» **EXERCISE INSTRUCTIONS**
For each line below that includes the string "then", show the whole line.

____ EXERCISE MATERIAL

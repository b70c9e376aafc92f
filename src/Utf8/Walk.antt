-- ===== src/Utf8/Walk.antt =====
-- The walks of term/utf8.c over well-formed text: byte positions and character indexes agree.
use vjft.Prelude.{ℕ, zero, suc, ◌+◌, ◌-◌, ◌≤◌, ◌<◌, ◌≡◌, refl, ap, ◌∙◌}
use vjft.Prelude.{List, [], ◌∷◌, ◌++◌, append_assoc, length, length-append, take}
use vjft.Prelude.{All, arith, ok, pos}
use vjft.Utf8.{byte_at, utf8_char_length, utf8_strlen_from, utf8_strlen}
use vjft.Utf8.{utf8_next_char, prev_from, utf8_prev_char, byte_offset_loop, utf8_byte_offset}
use vjft.Utf8.{char_index_loop, utf8_char_index}
use vjft.Utf8.Chars.{is_char, IsChar, encode, char_parts, byte_at-append_here}
use vjft.Utf8.Chars.{byte_at-append, byte_at_continuation, offset, IsCharAt, char_at, le-offset}
use native.Mathlib.Nat.{add-suc}

utf8_strlen_from-skip : (r s : List ℕ) → utf8_strlen_from (length r) (r ++ s) ≡ utf8_strlen_from 0 s
unfolding utf8_strlen_from
utf8_strlen_from-skip [] s = refl
utf8_strlen_from-skip (b ∷ r) s = utf8_strlen_from-skip r s

lead_skip : (b : ℕ) (r : List ℕ) → IsChar (b ∷ r) → utf8_char_length b - 1 ≡ length r
lead_skip b r h = omega (arith, char_parts b r h)

utf8_strlen_from-encode :
    (cs : List (List ℕ)) → All IsChar cs → utf8_strlen_from 0 (encode cs) ≡ ok (length cs)
unfolding utf8_strlen_from is_char
utf8_strlen_from-encode [] h = refl
utf8_strlen_from-encode ([] ∷ cs) (h, hs) = cc
utf8_strlen_from-encode ((b ∷ r) ∷ cs) (h, hs) =
    rw (lead_skip b r h, utf8_strlen_from-skip r (encode cs), utf8_strlen_from-encode cs hs) refl

-- On well-formed text utf8_strlen returns the number of characters and reads within the string.
pub utf8_strlen-encode :
    (cs : List (List ℕ)) → All IsChar cs → utf8_strlen (encode cs) ≡ ok (length cs)
unfolding utf8_strlen
utf8_strlen-encode cs h = utf8_strlen_from-encode cs h

byte_at_end : (pre : List ℕ) → byte_at (pre ++ []) (length pre) ≡ ok 0
unfolding byte_at
byte_at_end pre = byte_at-append_here pre []

byte_at_lead : (pre : List ℕ) (b : ℕ) (r : List ℕ) → byte_at (pre ++ (b ∷ r)) (length pre) ≡ ok b
unfolding byte_at
byte_at_lead pre b r = byte_at-append_here pre (b ∷ r)

byte_offset_loop-encode :
    (n : ℕ) (str pre : List ℕ) (p : ℕ) (cs : List (List ℕ))
    → All IsChar cs
    → str ≡ pre ++ encode cs
    → p ≡ length pre
    → byte_offset_loop str n p ≡ ok (p + length (encode (take n cs)))
unfolding byte_offset_loop is_char
byte_offset_loop-encode zero str pre p cs h e q = ground arith
byte_offset_loop-encode (suc n) str pre p [] h e q =
    let here : byte_at str p ≡ ok 0 = rw (e, q) (byte_at_end pre) in ground (arith, here)
byte_offset_loop-encode (suc n) str pre p ([] ∷ cs) (h, hs) e q = cc
byte_offset_loop-encode (suc n) str pre p ((b ∷ r) ∷ cs) (h, hs) e q =
    let here : byte_at str p ≡ ok b = rw (e, q) (byte_at_lead pre b (r ++ encode cs)) in
    ground (
      arith,
      here,
      char_parts b r h,
      length-append {0} pre (b ∷ r),
      length-append {0} r (encode (take n cs)),
      append_assoc pre (b ∷ r) (encode cs),
      byte_offset_loop-encode n str (pre ++ (b ∷ r)) (p + utf8_char_length b) cs hs,
    )

-- On well-formed text utf8_byte_offset returns the size in bytes of the first n characters, or of
-- the whole text if it has fewer.
pub utf8_byte_offset-encode :
    (n : ℕ) (cs : List (List ℕ))
    → All IsChar cs
    → utf8_byte_offset (encode cs) (pos n) ≡ ok (length (encode (take n cs)))
unfolding utf8_byte_offset
utf8_byte_offset-encode n cs h =
    byte_offset_loop-encode n (encode cs) [] 0 cs h refl refl ∙ ap ok (omega arith)

char_index_loop-encode :
    (fuel : ℕ) (k : ℕ) (str pre : List ℕ) (p i target : ℕ) (cs : List (List ℕ))
    → All IsChar cs
    → str ≡ pre ++ encode cs
    → p ≡ length pre
    → k ≤ length cs
    → target ≡ p + length (encode (take k cs))
    → k ≤ fuel
    → char_index_loop fuel str target p i ≡ ok (i + k)
unfolding char_index_loop is_char
char_index_loop-encode zero k str pre p i target cs h e q hk t f = ground arith
char_index_loop-encode (suc fuel) zero str pre p i target cs h e q hk t f = ground arith
char_index_loop-encode (suc fuel) (suc k) str pre p i target [] h e q hk t f = absurd (omega arith)
char_index_loop-encode (suc fuel) (suc k) str pre p i target ([] ∷ cs) (h, hs) e q hk t f = cc
char_index_loop-encode (suc fuel) (suc k) str pre p i target ((b ∷ r) ∷ cs) (h, hs) e q hk t f =
    let here : byte_at str p ≡ ok b = rw (e, q) (byte_at_lead pre b (r ++ encode cs)) in
    ground (
      arith,
      here,
      char_parts b r h,
      length-append {0} pre (b ∷ r),
      length-append {0} r (encode (take k cs)),
      append_assoc pre (b ∷ r) (encode cs),
      char_index_loop-encode fuel k str (pre ++ (b ∷ r)) (p + utf8_char_length b) (i + 1) target cs
          hs,
    )

-- On well-formed text utf8_char_index of the position of the character k, up to the end, is k.
pub utf8_char_index-encode :
    (k : ℕ) (cs : List (List ℕ))
    → All IsChar cs
    → k ≤ length cs
    → utf8_char_index (encode cs) (offset k cs) ≡ ok k
unfolding utf8_char_index
utf8_char_index-encode k cs h le =
    char_index_loop-encode (offset k cs) k (encode cs) [] 0 0 (offset k cs) cs h refl refl le
      (omega arith) (le-offset k cs h le)
    ∙ ap ok (omega arith)

-- The byte at the position of a character is its lead byte.
pub byte_at-offset :
    (k : ℕ) (cs : List (List ℕ)) (b : ℕ) (r : List ℕ)
    → IsCharAt k cs b r
    → byte_at (encode cs) (offset k cs) ≡ ok b
byte_at-offset k cs b r at = rw at.bytes (byte_at_lead (encode (take k cs)) b _)

-- `utf8_next_char` steps from a character to the next.
pub utf8_next_char-encode :
    (k : ℕ) (cs : List (List ℕ))
    → All IsChar cs
    → k < length cs
    → utf8_next_char (encode cs) (offset k cs) ≡ ok (offset (suc k) cs)
unfolding utf8_next_char
utf8_next_char-encode k cs h lt =
    let (b, r, at) = char_at k cs h lt in
    ground (arith, byte_at-offset k cs b r at, char_parts b r at.is_char_here, at.ends)

prev_from-lead :
    (j : ℕ) (str pre : List ℕ) (b : ℕ) (r post : List ℕ) (p : ℕ)
    → IsChar (b ∷ r)
    → str ≡ pre ++ (b ∷ (r ++ post))
    → p ≡ length pre + j
    → j ≤ length r
    → prev_from str p ≡ ok (length pre)
unfolding prev_from byte_at
prev_from-lead zero str pre b r post zero h e q le = ap ok (omega arith)
prev_from-lead zero str pre b r post (suc p) h e q le =
    let at_lead : suc p ≡ length pre = omega arith in
    let here : byte_at str (suc p) ≡ ok b = rw (e, at_lead) (byte_at_lead pre b (r ++ post)) in
    ground (arith, here, char_parts b r h)
prev_from-lead (suc j) str pre b r post zero h e q le = absurd (omega arith)
prev_from-lead (suc j) str pre b r post (suc p) h e q le =
    let (x, found, is_cont) = byte_at_continuation r post j (char_parts b r h).3 (omega arith) in
    let here : byte_at str (suc p) ≡ ok x = rw (e, q) (byte_at-append pre _ (suc j) ∙ found) in
    ground
      (arith, here, is_cont, prev_from-lead j str pre b r post p h e (omega arith) (omega arith))

-- On well-formed text utf8_prev_char steps from the end of a character back to its start.
pub utf8_prev_char-encode :
    (k : ℕ) (cs : List (List ℕ))
    → All IsChar cs
    → k < length cs
    → utf8_prev_char (encode cs) (offset (suc k) cs) ≡ ok (offset k cs)
unfolding utf8_prev_char
utf8_prev_char-encode k cs h lt =
    let (b, r, at) = char_at k cs h lt in
    rw (at.ends, add-suc)
      (prev_from-lead (length r) (encode cs) (encode (take k cs)) b r _ _ at.is_char_here at.bytes
        refl (omega arith))
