-- ===== src/Edit/Shows.antt =====
-- The abstract view of a node: the characters of its text, and the cursor as an index between them.
use vjft.Prelude.{ℕ, ◌≤◌, ◌≡◌, List, pos, ok, All, length, ap, ◌∙◌}
use vjft.Utf8.{utf8_strlen, utf8_byte_offset}
use vjft.Utf8.Chars.{IsChar, encode, offset}
use vjft.Utf8.Walk.{utf8_strlen-encode, utf8_byte_offset-encode}
use vjft.Msg.{MsgNode}

pub record Shows (node : MsgNode) (cs : List (List ℕ)) (k : ℕ) : Type 0 where
  pub valid : All IsChar cs
  pub text : node.text ≡ encode cs
  pub cursor : node.cursor_pos ≡ pos k
  pub within : k ≤ length cs

-- The two calls by which the updates start.
pub strlen-Shows :
    {node : MsgNode} {cs : List (List ℕ)} {k : ℕ}
    → Shows node cs k
    → utf8_strlen node.text ≡ ok (length cs)
strlen-Shows {cs = cs} h = ap utf8_strlen h.text ∙ utf8_strlen-encode cs h.valid

pub byte_offset-Shows :
    {node : MsgNode} {cs : List (List ℕ)} {k : ℕ}
    → Shows node cs k
    → utf8_byte_offset node.text node.cursor_pos ≡ ok (offset k cs)
byte_offset-Shows {cs = cs} {k = k} h = rw (h.text, h.cursor) (utf8_byte_offset-encode k cs h.valid)
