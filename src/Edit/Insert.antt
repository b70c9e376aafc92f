-- ===== src/Edit/Insert.antt =====
-- Insertion and its inverse, on a node that shows well-formed text.
use vjft.Prelude.{ℕ, ◌+◌, ◌≤◌, ◌≡◌, refl, ap}
use vjft.Prelude.{List, ◌++◌, length, take, drop, if◌then◌else◌, some}
use vjft.Prelude.{ℤ, pos, ◌+ℤ◌, leb_ℤ, All, arith, pos-+ℤ, ok, ◌>>=◌, length-append, All-append}
use vjft.Prelude.{All-take, All-drop, deref}
use vjft.Utf8.Chars.{
  IsChar, encode, offset, encode-append, take-offset, drop-offset, length-take_le,
}
use vjft.Utf8.Walk.{utf8_strlen-encode}
use vjft.Msg.{MsgNode}
use vjft.World.{InputEvent}
use vjft.Edit.{upd_insert, insert_bytes}
use vjft.Prelude.{leb, true, take-append-drop}
use vjft.Edit.Shows.{Shows, byte_offset-Shows}

-- The characters `new` between the first `k` of `cs` and the others.
abbrev pub splice : ℕ → List (List ℕ) → List (List ℕ) → List (List ℕ)
splice k new cs = take k cs ++ (new ++ drop k cs)

pub splice-IsChar :
    (k : ℕ) (new cs : List (List ℕ)) → All IsChar new → All IsChar cs → All IsChar (splice k new cs)
splice-IsChar k new cs n h =
    All-append IsChar (take k cs) _ (All-take IsChar k cs h)
      (All-append IsChar new _ n (All-drop IsChar k cs h))

pub length-splice :
    (k : ℕ) (new cs : List (List ℕ)) → k ≤ length cs → k + length new ≤ length (splice k new cs)
length-splice k new cs h = omega (
  arith,
  length-append {0} (take k cs) (new ++ drop k cs),
  length-append {0} new (drop k cs),
  length-take_le k cs h,
)

encode-splice :
    (k : ℕ) (new cs : List (List ℕ))
    → take (offset k cs) (encode cs) ++ (encode new ++ drop (offset k cs) (encode cs))
      ≡ encode (splice k new cs)
encode-splice k new cs =
    rw (take-offset k cs, drop-offset k cs, encode-append (take k cs), encode-append new) refl

abbrev node_at : MsgNode → List ℕ → ℕ → ℤ → MsgNode
node_at node text n cursor_pos = record {
  text = text;
  cursor_pos = cursor_pos;
  marker_pos =
      if leb_ℤ cursor_pos node.marker_pos then node.marker_pos +ℤ pos n else node.marker_pos;
}

-- The node after an insertion of `n` characters: the marker moves if it is at or behind the new cursor.
abbrev pub inserted : MsgNode → List (List ℕ) → ℕ → ℕ → MsgNode
inserted node cs k n = node_at node (encode cs) n (pos (k + n))

-- An offset of the text lies inside it.
pub offset-le : (k : ℕ) (cs : List (List ℕ)) → leb (offset k cs) (length (encode cs)) ≡ true
offset-le k cs =
    let parts = ap length (encode-append (take k cs) (drop k cs)) in
    let whole = ap (λ xs. length (encode xs)) (take-append-drop k cs) in
    ground (arith, parts, whole, length-append (encode (take k cs)) (encode (drop k cs)))

insert_bytes-encode :
    (k : ℕ) (new cs : List (List ℕ))
    → insert_bytes (encode cs) (offset k cs) (encode new) ≡ ok (encode (splice k new cs))
unfolding insert_bytes
insert_bytes-encode k new cs = rw (insert_bytes, offset-le k cs, encode-splice k new cs) refl

pub upd_insert-Shows :
    (node : MsgNode) (event : InputEvent) (cs new : List (List ℕ)) (k : ℕ)
    → Shows node cs k
    → All IsChar new
    → event.seq ≡ some (encode new)
    → upd_insert node event ≡ ok (inserted node (splice k new cs) k (length new))
unfolding upd_insert
upd_insert-Shows node event cs new k h n e =
    rw
      (
        byte_offset-Shows h,
        e,
        ◌>>=◌,
        deref,
        utf8_strlen-encode new n,
        h.cursor,
        h.text,
        insert_bytes-encode k new cs,
        ◌>>=◌,
      )
      (ap (λ (c : ℤ). ok (node_at node (encode (splice k new cs)) (length new) c))
        (pos-+ℤ k (length new)))

pub inserted-Shows :
    (node : MsgNode) (cs new : List (List ℕ)) (k : ℕ)
    → Shows node cs k
    → All IsChar new
    → Shows (inserted node (splice k new cs) k (length new)) (splice k new cs) (k + length new)
inserted-Shows node cs new k h n = record {
  valid = splice-IsChar k new cs n h.valid;
  text = refl;
  cursor = refl;
  within = length-splice k new cs h.within;
}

________

» **RESPONSE TO THE TASK**
use vjft.Prelude.{List, ◌++◌, length, take, drop, if◌then◌else◌, some}
      if leb_ℤ cursor_pos node.marker_pos then node.marker_pos +ℤ pos n else node.marker_pos;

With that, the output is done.